Out with the old, in with the new. That’s what they say, and what they mean is that when things become old, they are not worth keeping. They should be traded in for a newer and better version. This model sets the standard in all avenues of life.
For instance, if your wife isn’t pulling her weight, if she refuses your advances, if she’s getting thick around the middle, if she never did learn to cook, or her age is showing: get rid of her. Trade up!
You could easily find a new wife! One who would appreciate you; one who would do anything for you; one who would find you irresistible; and one who maintains her taught, young body. And who really cares if she doesn’t know how to cook?
Some people consider the tearing down of an old building a travesty, while others like to stay current. Hardwood floors, decorative wallpaper, crown mouldings are so 1910. It’s not as though the architect of the house would feel bad or insulted that you didn’t like the house he built. So why not tear down an old, decrepit building to make room for a better one? And while you’re at it, why not have a surgeon cut into your face to make room for a better one?
Out with the old: Your giant hook nose, your saggy jaw line, your lack of facial symmetry, your Neanderthal hairline, your flabby stomach, your varicose veins, and your fat a**. In with the new: Jennifer Grey nose, regal jaw line, symmetrical face, manageable hairline, six-pack, nice pegs, and a nice, firm bottom.
It is not as though people who get plastic surgery are insulting their Creator or suggesting that God didn’t do a good job. They just don’t like what God did. It’s not as though God feels bad or insulted that you didn’t like the nose he gave you, or the breasts, or the teeth. Do you really think God has an opinion about you just because took the time to knit you together in your mother’s womb? Please.

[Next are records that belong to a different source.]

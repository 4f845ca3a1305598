-- ===== src/Settings/Disk.antt =====
-- src/settings/main.cpp: the configuration directory, and the system calls on it. Each call takes its
-- result from a sequence: 0 is a failure, a number above 0 is success, and for read and write the
-- number of bytes that were moved at most. When the sequence is at its end, every call fails.
pub mod Transfers
use nagi_shell.Prelude.{
  ℕ, zero, suc, Bool, true, false, not, List, [], ◌∷◌, ◌++◌, ◌==◌, if◌then◌else◌, take,
}

abbrev pub Bytes : Type 0
Bytes = List ℕ

-- The names that the program knows.
pub data Name : Type 0 where
  settings last_good legacy migration_backup version2_backup invalid_backup : Name

abbrev pub index : Name → ℕ
index settings = 0
index last_good = 1
index legacy = 2
index migration_backup = 3
index version2_backup = 4
index invalid_backup = 5

-- What a name stands for; `unsafe` is no regular file, or one of another user.
pub data Entry : Type 0 where
  missing unsafe : Entry
  regular : Bytes → Entry

pub data PathKind : Type 0 where
  missing_kind regular_kind unsafe_kind : PathKind

abbrev pub Entries : Type 0
Entries = Name → Entry

-- The staging files have fresh names; `staged` holds the contents of those that are there, the newest
-- first.
pub record Disk : Type 0 where
  pub entries : Entries
  pub staged : List Bytes
  pub results : List ℕ

unfoldable pub put : Name → Entry → Entries → Entries
put name e entries n = if index n == index name then e else entries n

-- The result of one call.
abbrev pub succeeds : List ℕ → Bool
succeeds [] = false
succeeds (zero ∷ rest) = false
succeeds (suc k ∷ rest) = true

abbrev pub rest_of : List ℕ → List ℕ
rest_of [] = []
rest_of (k ∷ rest) = rest

unfoldable pub call : Disk → Bool × Disk
call d = (succeeds d.results, record d { results = rest_of d.results })

abbrev pub drop : ℕ → Bytes → Bytes
drop zero bytes = bytes
drop (suc n) [] = []
drop (suc n) (b ∷ rest) = drop n rest

-- The outcome of a loop of reads or writes: whether all was moved, what was moved, and the results
-- that are left.
pub record Transfer : Type 0 where
  pub done : Bool
  pub moved : Bytes
  pub left : List ℕ

-- The loops of readFile and of writeAll.
unfoldable pub transfer : List ℕ → Bytes → Transfer
transfer results [] = record { done = true; moved = []; left = results }
transfer [] (b ∷ rest) = record { done = false; moved = []; left = [] }
transfer (zero ∷ results) (b ∷ rest) = record { done = false; moved = []; left = results }
transfer (suc k ∷ results) (b ∷ rest) =
    let t = transfer results (drop (suc k) (b ∷ rest)) in
    record t { moved = take (suc k) (b ∷ rest) ++ t.moved }
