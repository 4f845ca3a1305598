-- ===== src/Settings/Disk/Transfers.antt =====
-- The loops of reads and writes: what they move when they succeed.
use nagi_shell.Prelude.{ℕ, zero, suc, ◌≡◌, refl, ap, ◌∙◌, true, List, [], ◌∷◌, ◌++◌, take}
use nagi_shell.Settings.Disk.{Bytes, drop, transfer}

take-drop : (k : ℕ) (bytes : Bytes) → take k bytes ++ drop k bytes ≡ bytes
take-drop zero bytes = refl
take-drop (suc k) [] = refl
take-drop (suc k) (b ∷ rest) = ap (λ t. b ∷ t) (take-drop k rest)

-- A loop that is done has moved all of the content.
pub transfer-moved :
    (results : List ℕ) (content : Bytes)
    → (transfer results content).done ≡ true
    → (transfer results content).moved ≡ content
unfolding transfer
transfer-moved results [] h = refl
transfer-moved [] (b ∷ rest) h = absurd (cc)
transfer-moved (zero ∷ results) (b ∷ rest) h = absurd (cc)
transfer-moved (suc k ∷ results) (b ∷ rest) h =
    ap (λ t. take (suc k) (b ∷ rest) ++ t) (transfer-moved results (drop (suc k) (b ∷ rest)) h)
    ∙ take-drop (suc k) (b ∷ rest)
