-- ===== src/Settings/Files.antt =====
-- src/settings/main.cpp: reading a file and replacing one.
pub mod Atomic
use nagi_shell.Prelude.{
  ℕ, Bool, true, false, not, ◌&&◌, ◌||◌, Option, none, some, List, [], ◌∷◌, ◌==◌, ltb,
  if◌then◌else◌, length,
}
use nagi_shell.Settings.Disk.{
  Bytes, Name, Entry, missing, unsafe, regular, PathKind, missing_kind, regular_kind, unsafe_kind,
  Disk, put, call, Transfer, transfer,
}

abbrev pub kind_of : Entry → PathKind
kind_of missing = missing_kind
kind_of unsafe = unsafe_kind
kind_of (regular content) = regular_kind

-- pathKind; a failure of fstatat for another reason than ENOENT is unsafe.
unfoldable pub path_kind : Name → Disk → PathKind × Disk
unfolding call
path_kind name d =
    let (found, d') = call d in (if found then kind_of (d.entries name) else unsafe_kind, d')

abbrev pub is_missing : PathKind → Bool
is_missing missing_kind = true
is_missing _ = false

abbrev pub is_unsafe : PathKind → Bool
is_unsafe unsafe_kind = true
is_unsafe _ = false

-- The loop of reads.
abbrev pub read_content : Bytes → Disk → Option Bytes × Disk
read_content content d =
    let t = transfer d.results content in
    (if t.done then some t.moved else none, record d { results = t.left })

-- From the call of openat on.
unfoldable pub read_opened : ℕ → Bytes → Disk → Option Bytes × Disk
unfolding call transfer
read_opened maximum content d =
    let (opened, d1) = call d in
    let (stated, d2) = call d1 in
    if not opened
    then (none, d1)
    else if not stated || ltb maximum (length content)
    then (none, d2)
    else read_content content d2

unfoldable pub read_entry : ℕ → Entry → Disk → Option Bytes × Disk
unfolding read_opened
read_entry maximum (regular content) d = read_opened maximum content d
read_entry maximum _ d = (none, d)

-- readFile.
unfoldable pub read_file : Name → ℕ → Disk → Option Bytes × Disk
unfolding call read_entry
read_file name maximum d =
    let (found, d') = call d in if found then read_entry maximum (d.entries name) d' else (none, d')

-- unlinkat of the staging file, which is tried whether or not there is one.
abbrev pub without_newest : List Bytes → List Bytes
without_newest [] = []
without_newest (content ∷ rest) = rest

unfoldable pub unlink_staged : Bool → Disk → Bool × Disk
unfolding call
unlink_staged created d =
    let (done, d') = call d in
    (done, record d' { staged = if done && created then without_newest d'.staged else d'.staged })

-- writeAll, fchmod and fsync on the new staging file.
unfoldable pub fill_staged : Bytes → Disk → Bool × Disk
unfolding call transfer
fill_staged content d =
    let t = transfer d.results content in
    let d1 = record d { staged = t.moved ∷ d.staged; results = t.left } in
    let (changed, d2) = call d1 in
    let (synced, d3) = call d2 in
    if not t.done then (false, d1) else if not changed then (false, d2) else (synced, d3)

-- The staging file: whether it is complete, and whether it was created.
unfoldable pub stage : Bytes → Disk → Bool × Bool × Disk
unfolding call fill_staged
stage content d =
    let (created, d1) = call d in
    let (complete, d2) = fill_staged content d1 in
    if created then (complete, true, d2) else (false, false, d1)

abbrev pub newest : List Bytes → Bytes
newest [] = []
newest (content ∷ rest) = content

-- The staging file takes the name, with its content.
abbrev pub installed : Name → Disk → Disk
installed name d = record d {
  entries = put name (regular (newest d.staged)) d.entries;
  staged = without_newest d.staged;
}

-- linkat, and unlinkat of the staging file.
unfoldable pub link_staged : Name → Disk → Bool × Disk
unfolding call unlink_staged
link_staged name d =
    let (linked, d1) = call d in
    let d2 = record d1 { entries = put name (regular (newest d1.staged)) d1.entries } in
    if linked && is_missing (kind_of (d.entries name)) then unlink_staged true d2 else (false, d1)

-- installNoReplace; `renames` is whether the kernel has renameat2 (otherwise errno is ENOSYS or EINVAL).
unfoldable pub install_no_replace : Bool → Name → Disk → Bool × Disk
unfolding call link_staged
install_no_replace renames name d =
    let (renamed, d1) = call d in
    if not renames
    then link_staged name d1
    else if renamed && is_missing (kind_of (d.entries name))
    then (true, installed name d1)
    else (false, d1)

unfoldable pub install : Bool → Bool → Name → Disk → Bool × Disk
unfolding call install_no_replace
install renames no_replace name d =
    let (renamed, d1) = call d in
    if no_replace
    then install_no_replace renames name d
    else if renamed
    then (true, installed name d1)
    else (false, d1)

-- From the staging file on.
unfoldable pub replace_file : Bool → Bool → Name → Bytes → Disk → Bool × Disk
unfolding call stage install unlink_staged
replace_file renames no_replace name content d =
    let (complete, created, d1) = stage content d in
    let (done, d2) = install renames no_replace name d1 in
    if not complete
    then (false, (unlink_staged created d1).1)
    else if not done
    then (false, (unlink_staged true d2).1)
    else call d2

-- writeAtomic.
unfoldable pub write_atomic : Bool → Bool → Name → Bytes → Disk → Bool × Disk
unfolding path_kind replace_file
write_atomic renames no_replace name content d =
    let (kind, d') = path_kind name d in
    if is_unsafe kind || no_replace && not (is_missing kind)
    then (false, d')
    else replace_file renames no_replace name content d'
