-- ===== src/Settings/Files/Atomic.antt =====
-- What writeAtomic leaves: what was there, or the whole new content under the name.
use nagi_shell.Prelude.{
  ◌≡◌, refl, subst, ◌⊎◌, inl, Bool, true, false, not, ◌&&◌, ◌||◌, arith, if_ind,
}
use nagi_shell.Settings.Disk.{Bytes, Name, Entries, regular, Disk, put, call, rest_of}
use nagi_shell.Settings.Disk.Transfers.{transfer-moved}
use nagi_shell.Settings.Files.{
  stage, fill_staged, newest, unlink_staged, link_staged, install_no_replace, install, replace_file,
  write_atomic, path_kind, is_missing, is_unsafe,
}

-- The entries are the old ones, or one name has the content and the others are the old ones.
abbrev pub Wrote : Name → Bytes → Entries → Entries → Type 0
Wrote name content e f = (f ≡ e) ⊎ (f ≡ put name (regular content) e)

-- Where the write succeeds, the name has the content.
abbrev pub Writes : Name → Bytes → Entries → Bool × Disk → Type 0
Writes name content e p =
    Wrote name content e p.1.entries × (p.0 ≡ true → p.1.entries ≡ put name (regular content) e)

stage_complete :
    (content : Bytes) (d : Disk)
    → ((stage content d).2.entries ≡ d.entries)
      × ((stage content d).0 ≡ true → newest (stage content d).2.staged ≡ content)
unfolding stage fill_staged call
stage_complete content d = ground (arith, transfer-moved (rest_of d.results) content)

unlink_staged-entries :
    (created : Bool) (d : Disk) → (unlink_staged created d).1.entries ≡ d.entries
unfolding unlink_staged call
unlink_staged-entries created d = refl

install-Writes :
    (renames no_replace : Bool) (name : Name) (d : Disk)
    → Writes name (newest d.staged) d.entries (install renames no_replace name d)
unfolding install install_no_replace link_staged unlink_staged call
install-Writes renames no_replace name d = ground arith

-- A failure that keeps the entries, or that follows a write.
Writes-failed :
    (name : Name) (content : Bytes) (e : Entries) (q : Disk)
    → Wrote name content e q.entries
    → Writes name content e (false, q)
Writes-failed name content e q w = (w, λ h. absurd (cc))

replace_file-Writes :
    (renames no_replace : Bool) (name : Name) (content : Bytes) (d : Disk)
    → Writes name content d.entries (replace_file renames no_replace name content d)
unfolding replace_file call unlink_staged
replace_file-Writes renames no_replace name content d =
    let s = stage content d in
    let i = install renames no_replace name s.2 in
    let (same, complete) = stage_complete content d in
    if_ind (Writes name content d.entries) (not s.0)
      (λ h. Writes-failed name content d.entries (unlink_staged s.1 s.2).1 (inl same))
      λ h.
        let w : Writes name content d.entries i =
          subst (λ x. Writes name x d.entries i) (complete (ground (arith, h)))
            (subst (λ x. Writes name (newest s.2.staged) x i) same
              (install-Writes renames no_replace name s.2)) in
        if_ind (Writes name content d.entries) (not i.0)
          (λ k. Writes-failed name content d.entries (unlink_staged true i.1).1 w.0)
          λ k. (w.0, λ l. w.1 (ground (arith, k)))

pub write_atomic-Writes :
    (renames no_replace : Bool) (name : Name) (content : Bytes) (d : Disk)
    → Writes name content d.entries (write_atomic renames no_replace name content d)
unfolding write_atomic path_kind call
write_atomic-Writes renames no_replace name content d =
    let (kind, d1) = path_kind name d in
    if_ind (Writes name content d.entries) (is_unsafe kind || no_replace && not (is_missing kind))
      (λ h. Writes-failed name content d.entries d1 (inl refl))
      λ h. replace_file-Writes renames no_replace name content d1

-- Whatever fails, the file of the name is the old one or has the new content, all of it, and the other
-- files are the old ones.
pub write_atomic-Wrote :
    (renames no_replace : Bool) (name : Name) (content : Bytes) (d : Disk)
    → Wrote name content d.entries (write_atomic renames no_replace name content d).1.entries
write_atomic-Wrote renames no_replace name content d =
    (write_atomic-Writes renames no_replace name content d).0
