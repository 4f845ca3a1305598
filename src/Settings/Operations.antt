-- ===== src/Settings/Operations.antt =====
-- src/settings/main.cpp: the operations of the helper.
pub mod Frames
pub mod Backups
pub mod Preservation
pub mod Bundles
pub mod Success
use nagi_shell.Prelude.{
  ℕ, ◌*◌, Bool, true, false, not, ◌&&◌, ◌||◌, Option, none, some, is_some, List, [], ◌∷◌, ◌==◌, ltb,
  if◌then◌else◌, length, list_eq,
}
use nagi_shell.Notifications.Text.{QString, literal}
use nagi_shell.Settings.Disk.{
  Bytes, Name, settings, last_good, legacy, migration_backup, version2_backup, invalid_backup,
  Entry, missing, unsafe, regular, PathKind, missing_kind, regular_kind, unsafe_kind, Disk, put,
  call,
}
use nagi_shell.Settings.Files.{path_kind, kind_of, read_file, write_atomic}

abbrev pub maximum_settings_bytes : ℕ
maximum_settings_bytes = 32 * 1024

abbrev pub maximum_legacy_bytes : ℕ
maximum_legacy_bytes = 4 * 1024

-- unlinkat of a name.
unfoldable pub unlink : Name → Disk → Bool × Disk
unfolding call
unlink name d =
    let (done, d') = call d in
    (done, record d' { entries = if done then put name missing d'.entries else d'.entries })

-- restoreFile, whose result the code ignores.
unfoldable pub restore_file : Bool → Name → Option Bytes → Disk → Disk
unfolding write_atomic unlink
restore_file renames name none d = (unlink name d).1
restore_file renames name (some content) d = (write_atomic renames false name content d).1

-- writeBundle.
unfoldable pub write_bundle : Bool → Bool → Bytes → Disk → Bool × Disk
unfolding read_file write_atomic restore_file
write_bundle renames no_replace content d =
    let (old_settings, d1) = read_file settings maximum_settings_bytes d in
    let (old_last_good, d2) = read_file last_good maximum_settings_bytes d1 in
    let (written, d3) = write_atomic renames no_replace settings content d2 in
    let (kept, d4) = write_atomic renames false last_good content d3 in
    let d5 = restore_file renames settings old_settings d4 in
    if not written
    then (false, d3)
    else if kept
    then (true, d4)
    else (false, restore_file renames last_good old_last_good d5)

abbrev pub is_regular : PathKind → Bool
is_regular regular_kind = true
is_regular _ = false

-- A backup that is there must be the same.
abbrev pub is_same : Option Bytes → Bytes → Bool
is_same none content = false
is_same (some existing) content = list_eq existing content

-- backupExact, once the content of the source was read.
unfoldable pub backup_content : Bool → Bool → Name → ℕ → Bytes → Disk → Bool × Disk
unfolding path_kind read_file write_atomic
backup_content renames replace target maximum content d =
    let (kind, d1) = path_kind target d in
    let (existing, d2) = read_file target maximum d1 in
    if replace
    then write_atomic renames false target content d
    else if is_regular kind
    then (is_same existing content, d2)
    else write_atomic renames true target content d1

unfoldable pub backup_exact : Bool → Bool → Name → Name → ℕ → Disk → Bool × Disk
unfolding read_file backup_content
backup_exact renames replace source target maximum d =
    let (content, d') = read_file source maximum d in
    elim content [
      | none ↦ (false, d')
      | some bytes ↦ backup_content renames replace target maximum bytes d'
    ]

-- The operations of performOperation.
unfoldable pub remove_legacy : Disk → Bool × Disk
unfolding unlink call
remove_legacy d = let (unlinked, d1) = unlink legacy d in if unlinked then call d1 else (false, d1)

unfoldable pub migrate : Bool → Bytes → Disk → Bool × Disk
unfolding backup_exact write_bundle remove_legacy
migrate renames content d =
    let (saved, d1) = backup_exact renames false legacy migration_backup maximum_legacy_bytes d in
    let (written, d2) = write_bundle renames true content d1 in
    if not saved then (false, d1) else if not written then (false, d2) else remove_legacy d2

-- The settings are backed up under a name before they are written; upgrade and recover.
unfoldable pub rewrite : Bool → Bool → Name → Bytes → Disk → Bool × Disk
unfolding backup_exact write_bundle
rewrite renames replace target content d =
    let (saved, d1) = backup_exact renames replace settings target maximum_settings_bytes d in
    if saved then write_bundle renames false content d1 else (false, d1)

-- performOperation.
unfoldable pub perform_operation : Bool → QString → Bytes → Disk → Bool × Disk
unfolding write_bundle write_atomic migrate rewrite
perform_operation renames operation content d =
    if list_eq operation (literal "write")
    then write_bundle renames false content d
    else if list_eq operation (literal "create")
    then write_bundle renames true content d
    else if list_eq operation (literal "last-good")
    then write_atomic renames false last_good content d
    else if list_eq operation (literal "migrate")
    then migrate renames content d
    else if list_eq operation (literal "upgrade")
    then rewrite renames false version2_backup content d
    else if list_eq operation (literal "recover")
    then rewrite renames true invalid_backup content d
    else (false, d)
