-- ===== src/Settings/Input.antt =====
-- src/settings/main.cpp: the arguments and the standard input.
pub mod Reading
use nagi_shell.Prelude.{
  ℕ, zero, suc, ◌+◌, ◌-◌, min, Bool, true, false, Option, none, some, List, [], ◌∷◌, ◌++◌, ◌==◌,
  ltb, if◌then◌else◌, length, take,
}
use nagi_shell.Settings.Disk.{Bytes, drop}
use nagi_shell.Settings.Operations.{maximum_settings_bytes}

-- What the loop has read, put before what it reads later.
abbrev pub put_before : Bytes → Option Bytes → Option Bytes
put_before got none = none
put_before got (some later) = some (got ++ later)

-- The loop of readStandardInput, for a number of bytes that are missing. Each read takes from the input at
-- most as many as its result says; 0 is a failure, and nothing is read at the end of the input.
unfoldable pub read_loop : List ℕ → ℕ → Bytes → Option Bytes
read_loop results zero input = some []
read_loop [] (suc n) input = none
read_loop (k ∷ results) (suc n) input =
    let got = take (min k (suc n)) input in
    let later = read_loop results (suc n - length got) (drop (length got) input) in
    if length got == 0 then none else put_before got later

-- readStandardInput.
unfoldable pub read_standard_input : List ℕ → ℕ → Bytes → Option Bytes
unfolding read_loop
read_standard_input results byte_count input =
    if ltb maximum_settings_bytes byte_count then none else read_loop results byte_count input

-- parseSize; std::stoull gives the number and how many characters it consumed, or throws.
unfoldable pub parse_size : (Bytes → Option (ℕ × ℕ)) → Bytes → Option ℕ
parse_size stoull text = elim (stoull text) [
  | none ↦ none
  | some (parsed, consumed) ↦
      if consumed == length text
      then if ltb maximum_settings_bytes parsed then none else some parsed
      else none
]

That nose is old. You are so over it. You want a new one. And those breasts are so yesterday: deflated and sad. You’ve had them for like, twenty years. And your teeth are old and yellow, and they can just knock them all out to make room for veneers. What’s the big deal?
What? Are you really supposed to keep things forever? Your Honda Civic was like four years old before you traded it in for a newer model. It didn’t have air conditioning. Hello! It gets hot in the summer.
Times change. It wouldn’t be okay to still sport a mullet or spiral perm or the Flock of Seagulls haircut in the year 2010. Styles change. It’s the same as keeping the same wife or husband for more than a few years. People change. Things aren’t supposed to last forever. That’s why they sell new noses and stuff. Hello!